What is expected: When you reach the line in the listing below that contains "(λ c1 ret. returns", begin returning lines exactly as written, and stop after the line that contains "abbrev pub signal". Return no other lines.

Data for this exercise:
• • • • •
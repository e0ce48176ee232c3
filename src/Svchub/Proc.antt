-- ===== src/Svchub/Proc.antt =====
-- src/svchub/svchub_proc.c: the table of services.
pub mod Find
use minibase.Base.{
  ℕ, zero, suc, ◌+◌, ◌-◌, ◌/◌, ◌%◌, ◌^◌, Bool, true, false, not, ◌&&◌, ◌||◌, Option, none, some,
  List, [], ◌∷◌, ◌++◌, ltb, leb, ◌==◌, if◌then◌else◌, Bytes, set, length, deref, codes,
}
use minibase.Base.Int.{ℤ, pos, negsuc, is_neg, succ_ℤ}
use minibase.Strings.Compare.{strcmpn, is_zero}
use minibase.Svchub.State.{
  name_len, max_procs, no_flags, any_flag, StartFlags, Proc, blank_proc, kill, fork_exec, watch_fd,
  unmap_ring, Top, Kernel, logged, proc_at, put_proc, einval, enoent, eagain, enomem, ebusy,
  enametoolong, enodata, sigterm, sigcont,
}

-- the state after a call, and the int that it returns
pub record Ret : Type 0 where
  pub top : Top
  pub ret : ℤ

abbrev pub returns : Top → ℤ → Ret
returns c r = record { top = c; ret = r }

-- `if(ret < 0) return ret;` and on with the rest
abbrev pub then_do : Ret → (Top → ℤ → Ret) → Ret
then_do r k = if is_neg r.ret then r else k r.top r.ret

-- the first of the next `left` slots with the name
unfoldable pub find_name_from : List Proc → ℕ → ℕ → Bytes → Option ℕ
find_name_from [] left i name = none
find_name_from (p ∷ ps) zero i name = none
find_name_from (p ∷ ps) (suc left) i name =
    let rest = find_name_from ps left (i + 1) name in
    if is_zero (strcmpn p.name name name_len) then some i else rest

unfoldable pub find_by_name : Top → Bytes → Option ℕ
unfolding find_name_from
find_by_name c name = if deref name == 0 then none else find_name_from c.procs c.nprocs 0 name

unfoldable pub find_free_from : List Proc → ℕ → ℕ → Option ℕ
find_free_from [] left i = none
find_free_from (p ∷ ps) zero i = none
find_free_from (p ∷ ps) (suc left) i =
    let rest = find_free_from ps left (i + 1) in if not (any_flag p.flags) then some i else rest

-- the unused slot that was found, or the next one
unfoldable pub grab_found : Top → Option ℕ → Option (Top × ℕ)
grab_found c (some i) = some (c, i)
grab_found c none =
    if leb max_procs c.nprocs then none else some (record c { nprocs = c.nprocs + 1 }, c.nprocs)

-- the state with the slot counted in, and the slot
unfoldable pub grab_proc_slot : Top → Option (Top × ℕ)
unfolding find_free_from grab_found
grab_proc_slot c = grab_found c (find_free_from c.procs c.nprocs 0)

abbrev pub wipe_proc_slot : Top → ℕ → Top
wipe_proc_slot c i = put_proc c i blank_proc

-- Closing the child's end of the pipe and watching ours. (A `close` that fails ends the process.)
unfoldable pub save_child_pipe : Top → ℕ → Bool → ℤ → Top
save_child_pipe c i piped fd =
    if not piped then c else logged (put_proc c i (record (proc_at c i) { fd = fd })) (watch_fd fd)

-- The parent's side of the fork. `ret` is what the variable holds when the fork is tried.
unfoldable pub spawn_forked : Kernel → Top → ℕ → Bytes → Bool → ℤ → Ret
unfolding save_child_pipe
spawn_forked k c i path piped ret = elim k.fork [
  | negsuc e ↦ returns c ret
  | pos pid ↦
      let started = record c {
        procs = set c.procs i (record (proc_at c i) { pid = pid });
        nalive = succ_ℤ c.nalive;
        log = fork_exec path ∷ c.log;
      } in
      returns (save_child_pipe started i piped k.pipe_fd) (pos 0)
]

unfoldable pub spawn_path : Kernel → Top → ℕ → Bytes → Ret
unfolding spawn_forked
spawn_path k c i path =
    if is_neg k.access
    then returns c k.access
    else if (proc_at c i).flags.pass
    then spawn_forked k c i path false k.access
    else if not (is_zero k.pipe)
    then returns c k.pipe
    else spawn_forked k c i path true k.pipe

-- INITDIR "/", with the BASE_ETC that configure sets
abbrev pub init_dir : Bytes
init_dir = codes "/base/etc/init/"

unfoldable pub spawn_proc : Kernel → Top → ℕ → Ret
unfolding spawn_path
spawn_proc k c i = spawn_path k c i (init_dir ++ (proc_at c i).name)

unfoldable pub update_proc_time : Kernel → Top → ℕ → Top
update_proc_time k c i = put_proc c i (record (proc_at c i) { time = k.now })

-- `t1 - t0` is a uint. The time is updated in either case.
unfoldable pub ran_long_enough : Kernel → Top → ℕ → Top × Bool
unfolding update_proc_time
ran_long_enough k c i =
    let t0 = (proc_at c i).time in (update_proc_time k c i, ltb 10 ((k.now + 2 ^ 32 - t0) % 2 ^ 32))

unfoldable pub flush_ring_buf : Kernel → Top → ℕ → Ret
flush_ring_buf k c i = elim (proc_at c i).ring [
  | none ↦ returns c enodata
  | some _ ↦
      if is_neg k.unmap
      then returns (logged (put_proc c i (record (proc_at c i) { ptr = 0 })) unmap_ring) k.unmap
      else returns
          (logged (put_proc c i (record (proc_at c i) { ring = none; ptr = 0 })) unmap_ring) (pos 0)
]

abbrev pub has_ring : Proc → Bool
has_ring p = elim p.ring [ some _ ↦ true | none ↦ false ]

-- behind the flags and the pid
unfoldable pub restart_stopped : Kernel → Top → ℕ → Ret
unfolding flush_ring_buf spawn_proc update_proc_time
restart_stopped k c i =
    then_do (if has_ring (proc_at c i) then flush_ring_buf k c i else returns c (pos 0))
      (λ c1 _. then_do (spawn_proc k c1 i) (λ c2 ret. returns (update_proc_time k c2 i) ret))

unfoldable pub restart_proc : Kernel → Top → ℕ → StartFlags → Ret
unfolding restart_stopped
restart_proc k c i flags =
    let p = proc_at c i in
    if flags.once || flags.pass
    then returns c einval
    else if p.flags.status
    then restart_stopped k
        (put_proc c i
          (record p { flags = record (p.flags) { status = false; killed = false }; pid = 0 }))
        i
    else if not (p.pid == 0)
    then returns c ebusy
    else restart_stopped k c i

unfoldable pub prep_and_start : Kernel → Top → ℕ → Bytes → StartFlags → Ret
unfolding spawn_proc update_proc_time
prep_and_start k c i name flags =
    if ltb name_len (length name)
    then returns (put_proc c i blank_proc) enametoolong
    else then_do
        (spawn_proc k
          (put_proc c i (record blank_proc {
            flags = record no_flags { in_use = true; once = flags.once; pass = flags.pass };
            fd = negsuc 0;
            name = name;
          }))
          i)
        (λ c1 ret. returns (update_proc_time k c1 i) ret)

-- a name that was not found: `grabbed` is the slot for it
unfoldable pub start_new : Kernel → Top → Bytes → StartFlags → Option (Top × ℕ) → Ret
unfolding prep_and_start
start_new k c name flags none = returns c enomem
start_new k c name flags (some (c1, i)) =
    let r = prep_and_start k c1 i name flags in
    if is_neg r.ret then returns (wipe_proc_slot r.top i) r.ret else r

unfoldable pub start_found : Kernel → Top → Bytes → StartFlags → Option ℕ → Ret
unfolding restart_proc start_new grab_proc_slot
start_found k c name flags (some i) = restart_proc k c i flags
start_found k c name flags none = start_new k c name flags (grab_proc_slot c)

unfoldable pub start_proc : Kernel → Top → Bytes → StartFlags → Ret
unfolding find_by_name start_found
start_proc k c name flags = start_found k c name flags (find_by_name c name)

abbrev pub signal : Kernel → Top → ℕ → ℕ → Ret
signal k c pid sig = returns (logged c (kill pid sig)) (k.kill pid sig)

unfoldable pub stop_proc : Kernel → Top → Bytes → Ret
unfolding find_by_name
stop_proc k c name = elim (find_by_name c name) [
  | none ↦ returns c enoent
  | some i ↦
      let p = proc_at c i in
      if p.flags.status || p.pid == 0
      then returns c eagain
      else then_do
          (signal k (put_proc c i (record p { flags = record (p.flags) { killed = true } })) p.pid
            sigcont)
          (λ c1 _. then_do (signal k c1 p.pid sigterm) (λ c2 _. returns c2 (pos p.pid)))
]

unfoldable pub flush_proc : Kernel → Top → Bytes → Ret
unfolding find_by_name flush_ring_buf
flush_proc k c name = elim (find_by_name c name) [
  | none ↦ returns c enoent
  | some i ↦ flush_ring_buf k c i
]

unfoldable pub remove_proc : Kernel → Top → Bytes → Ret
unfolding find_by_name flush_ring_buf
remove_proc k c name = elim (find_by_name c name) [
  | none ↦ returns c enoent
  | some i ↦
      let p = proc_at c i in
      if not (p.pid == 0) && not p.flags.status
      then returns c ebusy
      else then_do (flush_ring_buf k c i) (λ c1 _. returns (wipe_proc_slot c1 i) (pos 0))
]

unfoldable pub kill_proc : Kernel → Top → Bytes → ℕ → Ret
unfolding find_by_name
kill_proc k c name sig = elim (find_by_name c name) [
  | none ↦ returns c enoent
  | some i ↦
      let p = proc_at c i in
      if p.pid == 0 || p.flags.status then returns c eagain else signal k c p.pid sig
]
• • • • •
Response below:
        (λ c1 ret. returns (update_proc_time k c1 i) ret)

-- a name that was not found: `grabbed` is the slot for it
unfoldable pub start_new : Kernel → Top → Bytes → StartFlags → Option (Top × ℕ) → Ret
unfolding prep_and_start
start_new k c name flags none = returns c enomem
start_new k c name flags (some (c1, i)) =
    let r = prep_and_start k c1 i name flags in
    if is_neg r.ret then returns (wipe_proc_slot r.top i) r.ret else r

unfoldable pub start_found : Kernel → Top → Bytes → StartFlags → Option ℕ → Ret
unfolding restart_proc start_new grab_proc_slot
start_found k c name flags (some i) = restart_proc k c i flags
start_found k c name flags none = start_new k c name flags (grab_proc_slot c)

unfoldable pub start_proc : Kernel → Top → Bytes → StartFlags → Ret
unfolding find_by_name start_found
start_proc k c name flags = start_found k c name flags (find_by_name c name)

abbrev pub signal : Kernel → Top → ℕ → ℕ → Ret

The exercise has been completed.